# Task directions:
Return the run of lines below that opens with the line containing "unfoldable pub recover_running_sessions" and closes with the line containing "recover_running_sessions st (b", keeping each one exact.

[Saved data entries]
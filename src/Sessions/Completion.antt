-- ===== src/Sessions/Completion.antt =====
-- sessions/sessions.service.ts: the end of a session and of a participant, the checkpoints that the
-- Chat Service sends, the debriefing feedback and the recovery of running sessions.
pub mod Due
use Prim.Native.Nat.{ℕ}
use gdm_platform.Common.{
  Text, Text-eq, text, List, [], ◌∷◌, ◌++◌, Option, none, some, Bool, true, false, if◌then◌else◌,
  find, is_some, first_some, map,
}
use gdm_platform.Shared.Timestamp.{Timestamp, to_iso}
use gdm_platform.Shared.Models.{
  Session, SessionStatus, Participant, ParticipantRecruitmentSource, ParticipationOutcome,
  ProlificIdentity, ParticipationOutcomeRecord, Answer, Condition,
}
use gdm_platform.Shared.Dto.{CheckpointSessionRequest, RuntimeCheckpoint}
use gdm_platform.Checkpoint.Merge.{checkpoint_from_session}
use gdm_platform.Participation.State.{ParticipationState}
use gdm_platform.Participation.Store.{get_participation_outcome, complete_prolific_participation}
use gdm_platform.Store.State.{StoreState}
use gdm_platform.Store.Rounds.{is_aborted}
use gdm_platform.Store.Lookup.{get_session, running_sessions}
use gdm_platform.Store.Seats.{has_id, mark_participant_completed, patch_exit_survey_answers}
use gdm_platform.Store.Lifecycle.{LifecyclePatch, update_session_lifecycle, save_runtime_checkpoint}
use gdm_platform.Store.Settings.{get_study_settings}
use gdm_platform.Sessions.State.{
  ServiceState, ServiceError, unknown_session, Result, ok, failed, Outcome, with_store,
}

pub record CompleteParticipantResponse : Type 0 where
  pub completed_at : Option Timestamp
  pub compensation_url : Text
  pub recruitment_source : ParticipantRecruitmentSource

-- What the Chat Service is sent to take over a running session again.
pub record StartSessionNotification (N : Type 0) : Type 0 where
  pub session_id : Text
  pub room_id : Option Text
  pub condition : Condition N
  pub duration_minutes : ℕ
  pub started_at : Option Timestamp
  pub participant_user_ids : List Text
  pub checkpoint : Option (RuntimeCheckpoint N)

abbrev pub completed_patch : ℕ → LifecyclePatch
completed_patch now = record {
  status = some SessionStatus.completed;
  room_id = none;
  started_at = none;
  completed_at = some (to_iso now);
}

-- `status !== "completed" && status !== "aborted"` fails.
abbrev pub is_over : SessionStatus → Bool
is_over SessionStatus.completed = true
is_over SessionStatus.aborted = true
is_over _ = false

abbrev pub unknown : Text → ServiceError
unknown id = ServiceError.not_found (text "Unknown session " ++ id)

-- `outcome?.outcome && outcome.outcome !== "completed"`.
abbrev pub ended_otherwise : Option ParticipationOutcomeRecord → Bool
ended_otherwise none = false
ended_otherwise (some row) = elim row.outcome [
  | none ↦ false
  | some ParticipationOutcome.completed ↦ false
  | some _ ↦ true
]

abbrev pub has_ended : ParticipationState → Option ProlificIdentity → Bool
has_ended st none = false
has_ended st (some identity) = ended_otherwise (get_participation_outcome st identity)

abbrev completed_participation :
    Option ProlificIdentity → ℕ → ParticipationState → ParticipationState
completed_participation none now st = st
completed_participation (some identity) now st = (complete_prolific_participation st identity now).0

abbrev url_for : Option ProlificIdentity → Text → Text
url_for none url = []
url_for (some _) url = url

-- `participants.flatMap((p) => p.matrixUserId ? [p.matrixUserId] : [])`.
abbrev pub user_ids : {N : Type 0} → List (Participant N) → List Text
user_ids [] = []
user_ids (p ∷ ps) = elim p.matrix_user_id [
  | some (u ∷ user) ↦ (u ∷ user) ∷ user_ids ps
  | _ ↦ user_ids ps
]

module _ {N : Type 0} where
  abbrev pub after_update : ServiceState N → Text → Option (StoreState N) → Outcome N (Session N)
  after_update st id none = (st, failed unknown_session)
  after_update st id (some store) = elim (get_session store id) [
    | none ↦ (with_store st store, failed (unknown id))
    | some session ↦ (with_store st store, ok session)
  ]

  unfoldable pub complete_session : ServiceState N → Text → ℕ → Outcome N (Session N)
  unfolding get_session update_session_lifecycle
  complete_session st id now = elim (get_session st.store id) [
    | none ↦ (st, failed (unknown id))
    | some session ↦
        if is_over session.status
        then (st, ok session)
        else after_update st id (update_session_lifecycle st.store id (completed_patch now))
  ]

  -- The seat is marked, and its Prolific submission completed.
  unfoldable pub complete_seat :
      ServiceState N → Text → Participant N → ℕ → Outcome N CompleteParticipantResponse
  unfolding mark_participant_completed get_study_settings complete_prolific_participation
  complete_seat st session_id participant now = (
    record {
      store =
          if is_some participant.completed_at
          then st.store
          else (mark_participant_completed st.store session_id participant.id (to_iso now)).0;
      participation = completed_participation participant.prolific now st.participation;
    },
    ok (record {
      completed_at = first_some participant.completed_at (some (to_iso now));
      compensation_url =
          url_for participant.prolific (get_study_settings st.store).compensation_url;
      recruitment_source = participant.recruitment_source;
    }),
  )

  unfoldable pub complete_participant :
      ServiceState N → Text → Text → ℕ → Outcome N CompleteParticipantResponse
  unfolding get_session complete_seat get_participation_outcome
  complete_participant st session_id participant_id now = elim (get_session st.store session_id) [
    | none ↦ (st, failed (unknown session_id))
    | some session ↦ elim (find (has_id participant_id) session.participants) [
      | none ↦ (st, failed (ServiceError.not_found (text "Unknown participant " ++ participant_id)))
      | some participant ↦
          if is_some participant.exit_survey
          then (if has_ended st.participation participant.prolific
              then (
                st,
                failed (ServiceError.conflict (text "This participation has already ended")),
              )
              else complete_seat st session_id participant now)
          else (
            st,
            failed (
                ServiceError.conflict (text "The exit survey must be submitted before completion")),
          )
    ]
  ]

  unfoldable pub checkpoint_session :
      ServiceState N → Text → CheckpointSessionRequest N → Outcome N (Unit {0})
  unfolding save_runtime_checkpoint
  checkpoint_session st id checkpoint = elim (save_runtime_checkpoint st.store id checkpoint) [
    | none ↦ (st, failed unknown_session)
    | some store ↦ (with_store st store, ok tt)
  ]

  -- The write of `finalizeSession` after its checkpoint.
  unfoldable pub close_finalized : ServiceState N → Text → ℕ → Outcome N (Session N)
  unfolding get_session update_session_lifecycle
  close_finalized st id now = elim (get_session st.store id) [
    | none ↦ (st, failed (unknown id))
    | some current ↦
        if is_aborted current.status
        then (st, ok current)
        else after_update st id (update_session_lifecycle st.store id (completed_patch now))
  ]

  unfoldable pub finalize_session :
      ServiceState N → Text → CheckpointSessionRequest N → ℕ → Outcome N (Session N)
  unfolding save_runtime_checkpoint close_finalized
  finalize_session st id checkpoint now = elim (save_runtime_checkpoint st.store id checkpoint) [
    | none ↦ (st, failed unknown_session)
    | some store ↦ close_finalized (with_store st store) id now
  ]

  unfoldable pub submit_debrief_feedback :
      ServiceState N → Text → Text → Text → Outcome N (Unit {0})
  unfolding patch_exit_survey_answers
  submit_debrief_feedback st session_id participant_id feedback =
      let (store, patched) =
        patch_exit_survey_answers st.store session_id participant_id
          ((text "debriefFeedback", Answer.str feedback) ∷ []) in
      if patched then (with_store st store, ok tt) else (
        with_store st store,
        failed (ServiceError.not_found (text "Unknown participant or missing exit survey")),
      )

  -- Whether the bot could be invited again is only logged.
  unfoldable pub recover_running_sessions :
      ServiceState N → Text → Result (List (StartSessionNotification N))
  unfolding running_sessions checkpoint_from_session
  recover_running_sessions st [] = failed (ServiceError.bad_request (text "botUserId is required"))
  recover_running_sessions st (b ∷ bot_user_id) = ok (map note (running_sessions st.store))
    where
      note : Session N → StartSessionNotification N
      note session = record {
        session_id = session.id;
        room_id = session.room_id;
        condition = session.condition;
        duration_minutes = session.duration_minutes;
        started_at = session.started_at;
        participant_user_ids = user_ids session.participants;
        checkpoint = some (checkpoint_from_session session);
      }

# Solution:
  unfoldable pub recover_running_sessions :
      ServiceState N → Text → Result (List (StartSessionNotification N))
  unfolding running_sessions checkpoint_from_session
  recover_running_sessions st [] = failed (ServiceError.bad_request (text "botUserId is required"))
  recover_running_sessions st (b ∷ bot_user_id) = ok (map note (running_sessions st.store))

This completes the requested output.